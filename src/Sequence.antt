-- ===== src/Sequence.antt =====
-- Sequence numbers, which are message numbers modulo 2 ^ 32, in the tests of the receiving code.
use dubuframework.Base.{
  ℕ, ◌+◌, ◌-◌, ◌^◌, ◌≤◌, ◌<◌, ◌≡◌, ◌≢◌, ◌⊎◌, true, false, arith, ltb, leb, ◌==◌, lt→ltb, le→ltb,
  u32, sub32, add32,
}
use dubuframework.Packet.{Packet}
use dubuframework.PacketState.{window_count}

-- The sender's stream: message `n` goes out under the sequence number `n` modulo 2 ^ 32.
pub record IsStream (msg : ℕ → Packet) : Type 0 where
  pub numbered : (n : ℕ) → (msg n).header.sequence_no ≡ u32 n

-- Message `n` is near enough to `k` that its 32 bits cannot be mistaken for those of a message of
-- another round.
abbrev pub IsNear : ℕ → ℕ → Type 0
IsNear k n = (k + window_count ≤ n + 2 ^ 32) × (n + window_count ≤ k + 2 ^ 32)

module _ (k n : ℕ) where
  pub again_true : n ≤ k → k < n + window_count → ltb (sub32 (u32 k) (u32 n)) window_count ≡ true
  again_true le lt = lt→ltb _ _ (omega arith)

  pub again_false :
      IsNear k n
      → (n + window_count ≤ k) ⊎ (k + 1 ≤ n)
      → ltb (sub32 (u32 k) (u32 n)) window_count ≡ false
  again_false near far = le→ltb _ _ (omega arith)

  pub next_false : IsNear k n → n ≢ k + 1 → (u32 n == add32 (u32 k) 1) ≡ false
  next_false near ne = let e : u32 n ≢ add32 (u32 k) 1 = omega arith in ground arith

  pub next_true : n ≡ k + 1 → (u32 n == add32 (u32 k) 1) ≡ true
  next_true e = let e : u32 n ≡ add32 (u32 k) 1 = omega arith in ground arith

  pub del_far :
      IsNear k n
      → (n + window_count ≤ k) ⊎ (k + window_count ≤ n)
      → leb window_count (sub32 (u32 n) (u32 k)) ≡ true
  del_far near far = let e : window_count ≤ sub32 (u32 n) (u32 k) = omega arith in ground arith

  pub del_within : k ≤ n → n < k + window_count → sub32 (u32 n) (u32 k) ≡ n - k
  del_within le lt = omega arith

  pub del_ahead : k ≤ n → n < k + window_count → leb window_count (sub32 (u32 n) (u32 k)) ≡ false
  del_ahead le lt = let e : sub32 (u32 n) (u32 k) < window_count = omega arith in ground arith

  -- `n` replaces the highest message `m` exactly if it is higher.
  pub raise_true :
      (m : ℕ)
      → k ≤ m
      → m < k + window_count
      → n < k + window_count
      → m ≤ n
      → ltb (sub32 (u32 n) (u32 m)) window_count ≡ true
  raise_true m a b c d = lt→ltb _ _ (omega arith)

  pub raise_false :
      (m : ℕ)
      → m < k + window_count
      → k ≤ n
      → n < m
      → ltb (sub32 (u32 n) (u32 m)) window_count ≡ false
  raise_false m a b c = le→ltb _ _ (omega arith)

........

Description of the task:
Tally the lines of the records holding the word "IsNear", then state only the tally.

Your response:
5